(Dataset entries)
● ● ● ● ● ● ●

-- ===== src/Breaker/Streak.antt =====
-- What the breaker counts: the transient failures of a connection since its last success.
use sanare_agent_core.Base.{
  ℕ, zero, suc, ◌+◌, ◌-◌, ◌<◌, String, ◌≡◌, refl, ◌∙◌, ◌==◌, if◌then◌else◌, Option, none, some,
  List, [], ◌∷◌, arith, str_eq, eq_iff, ap,
}
use sanare_agent_core.Base.Dict
use sanare_agent_core.Breaker.{
  Breaker, Connection, reset, cooldown, failed, opens, or_fresh, remaining, open_remaining, admit,
  admit_of, admit_half_open, record_transient_failure,
}
use sanare_agent_core.Breaker.Events.{
  Event, admitted, succeeded, failed_at, released, step, run, entry, next_entry, entry-step,
  entry-step_self,
}

next_streak : String → ℕ → Event → ℕ
next_streak c n (succeeded d) = if str_eq d c then 0 else n
next_streak c n (failed_at now d) = if str_eq d c then n + 1 else n
next_streak c n e = n

streak_from : String → ℕ → List Event → ℕ
streak_from c n [] = n
streak_from c n (e ∷ es) = streak_from c (next_streak c n e) es

-- The number of transient failures of `c` after its last success.
unfoldable pub streak : String → List Event → ℕ
unfolding next_streak streak_from
streak c es = streak_from c 0 es

abbrev counting : ℕ → Connection
counting n = record { failures = n; open_until = 0; probe_until = 0; probe_token = 0 }

-- Below the threshold the entry is determined by the streak.
abbrev tracked : ℕ → Option Connection
tracked n = if n == 0 then none else some (counting n)

record Tracks (n : ℕ) (o : Option Connection) : Type 0 where
  low : n < 3 → o ≡ tracked n

module _ (c : String) where
  step-Tracks :
      (e : Event) (n : ℕ) (b : Breaker)
      → Tracks n (entry c b)
      → Tracks (next_streak c n e) (entry c (step e b))
  unfolding next_streak next_entry failed or_fresh
  step-Tracks (admitted now d) n b v = record {
    low = λ h. ground (arith, v.low h, entry-step (admitted now d) c b);
  }
  step-Tracks (succeeded d) n b v = record {
    low = λ h. ground (arith, v.low, entry-step (succeeded d) c b);
  }
  step-Tracks (failed_at now d) n b v = record {
    low = λ h. ground (arith, v.low, entry-step (failed_at now d) c b);
  }
  step-Tracks (released d t) n b v = record {
    low = λ h. ground (arith, v.low h, entry-step (released d t) c b);
  }

  run-Tracks :
      (es : List Event) (n : ℕ) (b : Breaker)
      → Tracks n (entry c b)
      → Tracks (streak_from c n es) (entry c (run es b))
  unfolding run streak_from
  run-Tracks [] n b v = v
  run-Tracks (e ∷ es) n b v = run-Tracks es (next_streak c n e) (step e b) (step-Tracks e n b v)

  reset-tracked :
      (es : List Event) (b : Breaker)
      → streak c es < 3
      → entry c (run es (reset b)) ≡ tracked (streak c es)
  unfolding streak
  reset-tracked es b h =
      (run-Tracks es 0 (reset b) (record { low = λ _. unfold Dict.get in refl })).low h

admit-tracked :
    (now n : ℕ) (c : String) (b : Breaker) → (admit_of now c b (tracked n)).0 ≡ (none, 0)
unfolding admit_of admit_half_open
admit-tracked now zero c b = refl
admit-tracked now (suc n) c b = ground arith

-- A circuit opens for failures only: while fewer than three transient failures of the connection
-- follow its last success, whatever else happened to it and to other connections, an admission is
-- granted, and without a probe token.
pub streak_admits :
    (es : List Event) (b : Breaker) (c : String) (now : ℕ)
    → streak c es < 3
    → (admit now c (run es (reset b))).0 ≡ (none, 0)
unfolding admit
streak_admits es b c now h =
    rw (reset-tracked c es b h) (admit-tracked now (streak c es) c (run es (reset b)))

opens-tracked : (n : ℕ) → n < 3 → opens (or_fresh (tracked n)) ≡ (n == 2)
unfolding opens or_fresh
opens-tracked n h = ground arith

remaining-tracked :
    (now m : ℕ)
    → m < now + cooldown
    → remaining m (failed now (or_fresh (tracked 2))) ≡ some (now + cooldown - m)
unfolding remaining failed or_fresh
remaining-tracked now m h = ground arith

opened-remaining :
    (now m : ℕ) (c : String) (b : Breaker)
    → m < now + cooldown
    → entry c b ≡ tracked 2
    → open_remaining m c (record_transient_failure now c b).1 ≡ some (now + cooldown - m)
unfolding open_remaining step next_entry
opened-remaining now m c b early h =
    rw (entry-step_self (failed_at now c) c b ((eq_iff c c).1 refl), h)
      (remaining-tracked now m early)

-- Let fewer than three transient failures of a connection have come since its last success, whatever
-- else came between. Then one more reports that the circuit has opened exactly if two had come, and in
-- that case the circuit reads as open, with the time that is left, until the cooldown is over.
pub streak_opens :
    (es : List Event) (b : Breaker) (c : String) (now m : ℕ)
    → streak c es < 3
    → m < now + cooldown
    → ((record_transient_failure now c (run es (reset b))).0 ≡ (streak c es == 2))
      × (streak c es ≡ 2
          → open_remaining m c (record_transient_failure now c (run es (reset b))).1
            ≡ some (now + cooldown - m))
streak_opens es b c now m h early = (
  unfold record_transient_failure in rw (reset-tracked c es b h) (opens-tracked (streak c es) h),
  λ two.
      opened-remaining now m c (run es (reset b)) early (reset-tracked c es b h ∙ ap tracked two),
)
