-- ===== src/Feed/Messages.antt =====
-- services/incident-svc/src/incidents/messages.ts, warlog.ts and routes/incidents/messages.ts.
-- `as_text` is how the database client writes a JSON value as the text of a column; `now` the time of
-- the call; `id` the drawn UUID; `sub` is `req.user!.sub`.
use tactix.Common.{
  ℕ, String, Bool, ◌&&◌, Option, none, some, [], ◌∷◌, ◌++◌, map, keep, first, eqb, ◌==◌, truthy,
  if◌then◌else◌,
}
use tactix.Json.{Json, member}
use tactix.Action.{query, notify, pure, throw, ◌>>=◌, ◌>>◌}
use tactix.Feed.{
  MessageRow, draft, submitted, Tables, war_logged, rejected, Reply, problem, blank, message,
  Handler, update_where,
}

abbrev pub insert_message : MessageRow → Tables → MessageRow × Tables
insert_message row t = (row, record t { messages = t.messages ++ (row ∷ []) })

-- WHERE id=$2 AND incident_id=$3
abbrev pub is_message : ℕ → String → MessageRow → Bool
is_message incident id r = r.id == id && eqb r.incident_id incident

abbrev pub submitted_row : MessageRow → MessageRow
submitted_row r = record r { status = submitted }

abbrev pub submit_statement : ℕ → String → Tables → Option MessageRow × Tables
submit_statement incident id t = (
  first (map submitted_row (keep (is_message incident id) t.messages)),
  record t { messages = update_where (is_message incident id) submitted_row t.messages },
)

abbrev pub member_of : String → Option Json → Option Json
member_of key none = none
member_of key (some body) = member key body

abbrev pub draft_content : Option Json → (Json → Handler Reply) → Handler Reply
draft_content none accept = pure (problem 400 "content required")
draft_content (some content) accept =
    if tactix.Json.truthy (some content)
    then accept content
    else pure (problem 400 "content required")

abbrev pub reply_found : Option MessageRow → Reply
reply_found none = blank 404
reply_found (some msg) = message 200 msg

abbrev pub message_id : Option Json → (Json → Handler Reply) → Handler Reply
message_id none accept = pure (problem 400 "messageId required")
message_id (some id) accept =
    if tactix.Json.truthy (some id) then accept id else pure (problem 400 "messageId required")

module _ (as_text : Json → String) (warlog_url : Option String) where
  -- `logWarlog`, whose errors are dropped
  unfoldable pub log_warlog : String → String → Handler (Unit {0})
  log_warlog author content =
      if truthy warlog_url then notify (war_logged author content) else pure tt

  -- `saveDraft`; the column author is NOT NULL.
  unfoldable pub save_draft :
      (now incident : ℕ) (content : String) (author : Option String) (id : String)
      → Handler MessageRow
  save_draft now incident content none id = throw rejected
  save_draft now incident content (some author) id = query rejected (
      insert_message (record {
        id = id;
        incident_id = incident;
        author = author;
        content = content;
        status = draft;
        created_at = now;
      }))

  abbrev pub log_found : Option MessageRow → Handler (Option MessageRow)
  log_found none = pure none
  log_found (some msg) = do log_warlog msg.author msg.content; pure (some msg)

  -- `submitMessage`
  unfoldable pub submit_message : (incident : ℕ) (id : String) → Handler (Option MessageRow)
  unfolding log_warlog
  submit_message incident id = do msg ← query rejected (submit_statement incident id); log_found msg

  -- `draftMessageHandler`
  unfoldable pub draft_message :
      (now incident : ℕ) → Option Json → (sub : Option String) (id : String) → Handler Reply
  unfolding save_draft
  draft_message now incident body sub id =
      draft_content (member_of "content" body)
        λ content. do msg ← save_draft now incident (as_text content) sub id; pure (message 201 msg)

  -- `submitMessageHandler`
  unfoldable pub submit_message_of : (incident : ℕ) → Option Json → Handler Reply
  unfolding submit_message
  submit_message_of incident body =
      message_id (member_of "messageId" body)
        λ id. do msg ← submit_message incident (as_text id); pure (reply_found msg)
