-- ===== src/Feed/Tasks.antt =====
-- services/incident-svc/src/routes/incidents/tasks.ts. `now` is the time of the call, `id` the drawn
-- UUID, `sub` is `req.user?.sub`.
use tactix.Common.{
  ℕ, String, Bool, true, false, not, ◌&&◌, ◌||◌, Option, none, some, [], ◌∷◌, ◌++◌, map, keep,
  first, eqb, ◌==◌, truthy, or_else, if◌then◌else◌,
}
use tactix.Json.{Json, text, member, is_object, string_field, optional_string}
use tactix.Action.{query, notify, pure, ◌>>=◌, ◌>>◌}
use tactix.Feed.{
  TaskStatus, opened, in_progress, done, cancelled, TaskRow, Tables, task_created, task_updated,
  rejected, Reply, problem, blank, task, task_rows, Handler, select, update_where,
}
use tactix.Feed.Order.{latest_first}

abbrev pub status_name : TaskStatus → String
status_name opened = "open"
status_name in_progress = "in_progress"
status_name done = "done"
status_name cancelled = "cancelled"

-- ` AND status=$2` if the text is truthy
abbrev pub has_status : Option String → TaskRow → Bool
has_status none r = true
has_status (some s) r = if truthy (some s) then status_name r.status == s else true

-- `getTasksHandler`
unfoldable pub get_tasks : (status : Option String) (incident : ℕ) → Handler Reply
get_tasks status incident = do
  rows ← query rejected (
      select (λ t.
        latest_first (λ r. r.updated_at)
          (keep (λ r. eqb r.incident_id incident && has_status status r) t.tasks)))
  pure (task_rows 200 rows)

-- What the schema of `postTaskHandler` accepts.
pub record TaskInput : Type 0 where
  pub role : String
  pub assignee_upn : Option String
  pub title : String
  pub description : String

unfoldable pub parse_task : Option Json → Option TaskInput
parse_task none = none
parse_task (some body) = elim (string_field (member "role" body)) [
  | none ↦ none
  | some role ↦ elim (optional_string (member "assigneeUpn" body)) [
    | none ↦ none
    | some assignee ↦ elim (string_field (member "title" body)) [
      | none ↦ none
      | some title ↦ elim (string_field (member "description" body)) [
        | none ↦ none
        | some description ↦ some (record {
          role = role;
          assignee_upn = assignee;
          title = title;
          description = description;
        })
      ]
    ]
  ]
]

-- `s || null`
abbrev pub or_null : Option String → Option String
or_null none = none
or_null (some s) = if truthy (some s) then some s else none

abbrev pub new_task : (now incident : ℕ) → TaskInput → (sub : Option String) (id : String) → TaskRow
new_task now incident input sub id = record {
  task_id = id;
  incident_id = incident;
  role = input.role;
  assignee_upn = or_null input.assignee_upn;
  title = input.title;
  description = input.description;
  status = opened;
  created_by = or_else sub (or_else input.assignee_upn "unknown");
  created_at = now;
  updated_at = now;
}

abbrev pub insert_task : TaskRow → Tables → TaskRow × Tables
insert_task row t = (row, record t { tasks = t.tasks ++ (row ∷ []) })

-- `postTaskHandler`
unfoldable pub post_task :
    (now incident : ℕ) → Option Json → (sub : Option String) (id : String) → Handler Reply
post_task now incident body sub id = elim (parse_task body) [
  | none ↦ pure (problem 400 "invalid body")
  | some input ↦ do
    row ← query rejected (insert_task (new_task now incident input sub id))
    notify (task_created incident id row.title row.status)
    pure (task 201 row)
]

-- What the schema of `patchTaskHandler` accepts; `none` is undefined.
pub record TaskPatch : Type 0 where
  pub status : Option TaskStatus
  pub title : Option String
  pub description : Option String
  pub assignee_upn : Option String

abbrev pub status_of : String → Option TaskStatus
status_of s =
    if s == "open"
    then some opened
    else if s == "in_progress"
    then some in_progress
    else if s == "done"
    then some done
    else if s == "cancelled"
    then some cancelled
    else none

-- `z.enum([…]).optional()`: outer `none` refuses it, inner `none` is undefined.
abbrev pub optional_status : Option Json → Option (Option TaskStatus)
optional_status none = some none
optional_status (some (text s)) = elim (status_of s) [
  | none ↦ none
  | some status ↦ some (some status)
]
optional_status (some _) = none

unfoldable pub parse_task_patch : Option Json → Option TaskPatch
parse_task_patch none = none
parse_task_patch (some body) = elim (optional_status (member "status" body)) [
  | none ↦ none
  | some status ↦ elim (optional_string (member "title" body)) [
    | none ↦ none
    | some title ↦ elim (optional_string (member "description" body)) [
      | none ↦ none
      | some description ↦ elim (optional_string (member "assigneeUpn" body)) [
        | none ↦ none
        | some assignee ↦
            if is_object body
            then some (record {
              status = status;
              title = title;
              description = description;
              assignee_upn = assignee;
            })
            else none
      ]
    ]
  ]
]

abbrev pub is_given : {A : Type 0} → Option A → Bool
is_given none = false
is_given (some a) = true

-- `!fields.length`
abbrev pub changes_nothing : TaskPatch → Bool
changes_nothing p =
    not (is_given p.status || truthy p.title || truthy p.description || is_given p.assignee_upn)

abbrev pub set_status : Option TaskStatus → TaskStatus → TaskStatus
set_status none old = old
set_status (some new) old = new

-- A column that is set only to a truthy text.
abbrev pub set_column : Option String → String → String
set_column none old = old
set_column (some s) old = if truthy (some s) then s else old

abbrev pub set_assignee : Option String → Option String → Option String
set_assignee none old = old
set_assignee (some new) old = some new

abbrev pub patched_task : (now : ℕ) → TaskPatch → TaskRow → TaskRow
patched_task now p r = record r {
  status = set_status p.status r.status;
  title = set_column p.title r.title;
  description = set_column p.description r.description;
  assignee_upn = set_assignee p.assignee_upn r.assignee_upn;
  updated_at = now;
}

-- WHERE incident_id=$ AND task_id=$
abbrev pub is_task : ℕ → String → TaskRow → Bool
is_task incident id r = eqb r.incident_id incident && r.task_id == id

abbrev pub patch_statement : ℕ → String → (TaskRow → TaskRow) → Tables → Option TaskRow × Tables
patch_statement incident id change t = (
  first (map change (keep (is_task incident id) t.tasks)),
  record t { tasks = update_where (is_task incident id) change t.tasks },
)

abbrev pub reply_task : ℕ → String → Option TaskRow → Handler Reply
reply_task incident id none = pure (blank 404)
reply_task incident id (some row) = do
  notify (task_updated incident id row.status)
  pure (task 200 row)

-- `patchTaskHandler`
unfoldable pub patch_task : (now incident : ℕ) (id : String) → Option Json → Handler Reply
patch_task now incident id body = elim (parse_task_patch body) [
  | none ↦ pure (problem 400 "invalid body")
  | some p ↦ if changes_nothing p then pure (blank 200) else (do
    row ← query rejected (patch_statement incident id (patched_task now p))
    reply_task incident id row)
]
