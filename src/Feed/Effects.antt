-- ===== src/Feed/Effects.antt =====
-- services/incident-svc/src/routes/incidents/{messages,tasks}.ts: an answer that shows a changed row
-- shows what the table holds.
use tactix.Common.{
  ℕ, String, ◌≡◌, refl, sym, ap, ◌∙◌, Bool, true, Option, none, some, List, [], ◌∷◌, map, keep,
  first, eq_iff, truthy, arith, Bool-cases, Option-cases, inl, inr,
}
use mathlib.Core.Path.{subst}
use tactix.Json
use tactix.Json.{Json}
use tactix.Action.{ok, notify, pure, ◌>>=◌}
use tactix.Action.Yields.{Yields, Yields-query, Yields-pure, Yields-notify, Yields-bind}
use tactix.Feed.{MessageRow, TaskRow, Tables, Feed, Reply, message, task, submitted, update_where}
use tactix.Feed.Messages.{
  is_message, submitted_row, submit_statement, submit_message, submit_message_of, log_found,
  log_warlog, member_of, message_id, reply_found,
}
use tactix.Feed.Tasks.{
  TaskPatch, is_task, patched_task, patch_statement, patch_task, parse_task_patch, changes_nothing,
  reply_task,
}

module _ {A : Type 0} (test : A → Bool) (change : A → A) where
  -- UPDATE … RETURNING * answers the row that is then stored.
  returned_stored :
      ((x : A) → test x ≡ true → test (change x) ≡ true)
      → (l : List A) (row : A) → first (map change (keep test l)) ≡ some row
      → first (keep test (update_where test change l)) ≡ some row
  unfolding update_where
  returned_stored still [] row h = cc
  returned_stored still (x ∷ xs) row h = elim (Bool-cases (test x)) [
    | inl hit ↦ ground (arith, still x hit)
    | inr miss ↦ ground (arith, returned_stored still xs row (ground arith))
  ]

  returned_changed :
      (P : A → Type 0)
      → ((x : A) → test x ≡ true → P (change x))
      → (l : List A) (row : A) → first (map change (keep test l)) ≡ some row
      → P row
  returned_changed P p [] row h = cc
  returned_changed P p (x ∷ xs) row h = elim (Bool-cases (test x)) [
    | inl hit ↦ let e : change x ≡ row = ground arith in subst P e (p x hit)
    | inr miss ↦ returned_changed P p xs row (ground arith)
  ]

reply_found-some :
    (o : Option MessageRow) (msg : MessageRow) → reply_found o ≡ message 200 msg → o ≡ some msg
reply_found-some none msg h = absurd cc
reply_found-some (some m) msg h = cc

-- What `submit_statement` returns.
submitted_stored :
    (incident : ℕ) (id : String) (t left : Tables) (msg : MessageRow)
    → (submit_statement incident id t).0 ≡ some msg
    → left ≡ (submit_statement incident id t).1
    → (msg.status ≡ submitted)
      × (first (keep (is_message incident msg.id) left.messages) ≡ some msg)
submitted_stored incident id t left msg h l =
    let test = is_message incident id in
    let (now, hit) =
      returned_changed test submitted_row (λ m. (m.status ≡ submitted) × (test m ≡ true))
        (λ x k. (refl, k)) t.messages msg h in
    let own : msg.id ≡ id = ground (arith, eq_iff msg.id id) in
    (
      now,
      subst (λ i. first (keep (is_message incident i) left.messages) ≡ some msg) (sym own)
          (ap (λ (u : Tables). first (keep test u.messages)) l
            ∙ returned_stored test submitted_row (λ x k. k) t.messages msg h),
    )

module _ (as_text : Json → String) (warlog_url : Option String) where
  log_warlog-Yields :
      (author content : String) (t : Tables)
      → Yields t (log_warlog as_text warlog_url author content) (λ done left. left ≡ t)
  unfolding log_warlog notify pure
  log_warlog-Yields author content t = elim (Bool-cases (truthy warlog_url)) [
    | inl set ↦ rw (log_warlog, set) (record { at = λ s a here h. ground (arith, here) })
    | inr unset ↦ rw (log_warlog, unset) (record { at = λ s a here h. here })
  ]

  log_found-Yields :
      (o : Option MessageRow) (t : Tables)
      → Yields t (log_found as_text warlog_url o) (λ answer left. (answer ≡ o) × (left ≡ t))
  log_found-Yields none t = Yields-pure t none _ (refl, refl)
  log_found-Yields (some m) t =
      Yields-bind t _ _ _ _ (log_warlog-Yields m.author m.content t)
        λ _ u same. Yields-pure u (some m) _ (refl, same)

  submit_message-Yields :
      (incident : ℕ) (id : String) (t : Tables)
      → Yields t (submit_message as_text warlog_url incident id) (λ answer left.
        (answer ≡ (submit_statement incident id t).0) × (left ≡ (submit_statement incident id t).1))
  unfolding submit_message
  submit_message-Yields incident id t =
      Yields-query t _ _ _ _
        (log_found-Yields (submit_statement incident id t).0 (submit_statement incident id t).1)

  -- The message that a submit answers is submitted, and it is the stored message of this identifier.
  pub submit_message_of-stored :
      (incident : ℕ) (body : Option Json) (s : Feed) (msg : MessageRow)
      → (submit_message_of as_text warlog_url incident body s).0 ≡ ok (message 200 msg)
      → (msg.status ≡ submitted)
        × (first (
              keep
                (is_message incident msg.id)
                (submit_message_of as_text warlog_url incident body s).1.tables.messages)
            ≡ some msg)
  unfolding submit_message_of
  submit_message_of-stored incident body s msg h =
      (yields s.tables).at s (message 200 msg) refl h msg refl
    where
      Q : Reply → Tables → Type 0
      Q r left =
          (msg : MessageRow)
          → r ≡ message 200 msg
          → (msg.status ≡ submitted)
            × (first (keep (is_message incident msg.id) left.messages) ≡ some msg)

      accepted :
          (id : Json) (t : Tables)
          → Yields t
              (submit_message as_text warlog_url incident (as_text id) >>= λ msg.
                pure (reply_found msg))
              Q
      accepted id t =
          Yields-bind t _ _ _ Q (submit_message-Yields incident (as_text id) t) λ o u (e, l).
            Yields-pure u (reply_found o) Q λ msg said.
              submitted_stored incident (as_text id) t u msg (sym e ∙ reply_found-some o msg said) l

      by_id :
          (id : Option Json) (t : Tables)
          → Yields t
              (message_id id (λ id.
                submit_message as_text warlog_url incident (as_text id) >>= λ msg.
                pure (reply_found msg)))
              Q
      by_id none t = Yields-pure t _ Q λ msg said. absurd cc
      by_id (some id) t = elim (Bool-cases (tactix.Json.truthy (some id))) [
        | inl there ↦ rw there (accepted id t)
        | inr empty ↦ rw empty (Yields-pure t _ Q λ msg said. absurd cc)
      ]

      yields : (t : Tables) → Yields t (submit_message_of as_text warlog_url incident body) Q
      yields t = by_id (member_of "messageId" body) t

task_injective : {n : ℕ} {a b : TaskRow} → task n a ≡ task n b → a ≡ b
task_injective h = cc

-- What `patch_statement` returns.
patched_stored :
    (now incident : ℕ) (id : String) (p : TaskPatch) (t : Tables) (row : TaskRow)
    → (patch_statement incident id (patched_task now p) t).0 ≡ some row
    → (row.updated_at ≡ now)
      × (first (
            keep (is_task incident id) (patch_statement incident id (patched_task now p) t).1.tasks)
          ≡ some row)
patched_stored now incident id p t row h = (
  returned_changed (is_task incident id) (patched_task now p) (λ x. x.updated_at ≡ now)
      (λ x k. refl) t.tasks row h,
  returned_stored (is_task incident id) (patched_task now p) (λ x k. k) t.tasks row h,
)

-- The task that a patch answers carries the time of the patch, and it is the stored task.
pub patch_task-stored :
    (now incident : ℕ) (id : String) (body : Option Json) (s : Feed) (row : TaskRow)
    → (patch_task now incident id body s).0 ≡ ok (task 200 row)
    → (row.updated_at ≡ now)
      × (first (keep (is_task incident id) (patch_task now incident id body s).1.tables.tasks)
          ≡ some row)
unfolding patch_task
patch_task-stored now incident id body s row h =
    (yields s.tables).at s (task 200 row) refl h row refl
  where
    Q : Reply → Tables → Type 0
    Q r left =
        (row : TaskRow)
        → r ≡ task 200 row
        → (row.updated_at ≡ now) × (first (keep (is_task incident id) left.tasks) ≡ some row)

    replied :
        (o : Option TaskRow) (u : Tables)
        → ((row : TaskRow)
            → o ≡ some row
            → (row.updated_at ≡ now) × (first (keep (is_task incident id) u.tasks) ≡ some row))
        → Yields u (reply_task incident id o) Q
    replied none u k = Yields-pure u _ Q λ row said. absurd cc
    replied (some r) u k =
        Yields-notify u _ _ Q (Yields-pure u _ Q λ row said. k row (ap some (task_injective said)))

    yields : (t : Tables) → Yields t (patch_task now incident id body) Q
    yields t = elim (Option-cases (parse_task_patch body)) [
      | inl bad ↦ rw (patch_task, bad) (Yields-pure t _ Q λ row said. absurd cc)
      | inr (p, good) ↦ elim (Bool-cases (changes_nothing p)) [
        | inl nothing ↦ rw (patch_task, good, nothing) (Yields-pure t _ Q λ row said. absurd cc)
        | inr something ↦
            rw (patch_task, good, something)
              (Yields-query t _ _ _ Q (replied _ _ (patched_stored now incident id p t)))
      ]
    ]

● ● ● ● ● ● ●

▶ _WHAT TO DO_
Transcribe the records above exactly, beginning at the line that contains "opened-remaining now m c (run" and ending with the line that contains "draft_content none accept", both included, and nothing else.

▶ _OUTPUT_
      opened-remaining now m c (run es (reset b)) early (reset-tracked c es b h ∙ ap tracked two),
)
-- ===== src/Feed/Messages.antt =====
-- services/incident-svc/src/incidents/messages.ts, warlog.ts and routes/incidents/messages.ts.
-- `as_text` is how the database client writes a JSON value as the text of a column; `now` the time of
-- the call; `id` the drawn UUID; `sub` is `req.user!.sub`.
use tactix.Common.{
  ℕ, String, Bool, ◌&&◌, Option, none, some, [], ◌∷◌, ◌++◌, map, keep, first, eqb, ◌==◌, truthy,
  if◌then◌else◌,
}
use tactix.Json.{Json, member}
use tactix.Action.{query, notify, pure, throw, ◌>>=◌, ◌>>◌}
use tactix.Feed.{
  MessageRow, draft, submitted, Tables, war_logged, rejected, Reply, problem, blank, message,
  Handler, update_where,
}

abbrev pub insert_message : MessageRow → Tables → MessageRow × Tables
insert_message row t = (row, record t { messages = t.messages ++ (row ∷ []) })

-- WHERE id=$2 AND incident_id=$3
abbrev pub is_message : ℕ → String → MessageRow → Bool
is_message incident id r = r.id == id && eqb r.incident_id incident

abbrev pub submitted_row : MessageRow → MessageRow
submitted_row r = record r { status = submitted }

abbrev pub submit_statement : ℕ → String → Tables → Option MessageRow × Tables
submit_statement incident id t = (
  first (map submitted_row (keep (is_message incident id) t.messages)),
  record t { messages = update_where (is_message incident id) submitted_row t.messages },
)

abbrev pub member_of : String → Option Json → Option Json
member_of key none = none
member_of key (some body) = member key body

abbrev pub draft_content : Option Json → (Json → Handler Reply) → Handler Reply
draft_content none accept = pure (problem 400 "content required")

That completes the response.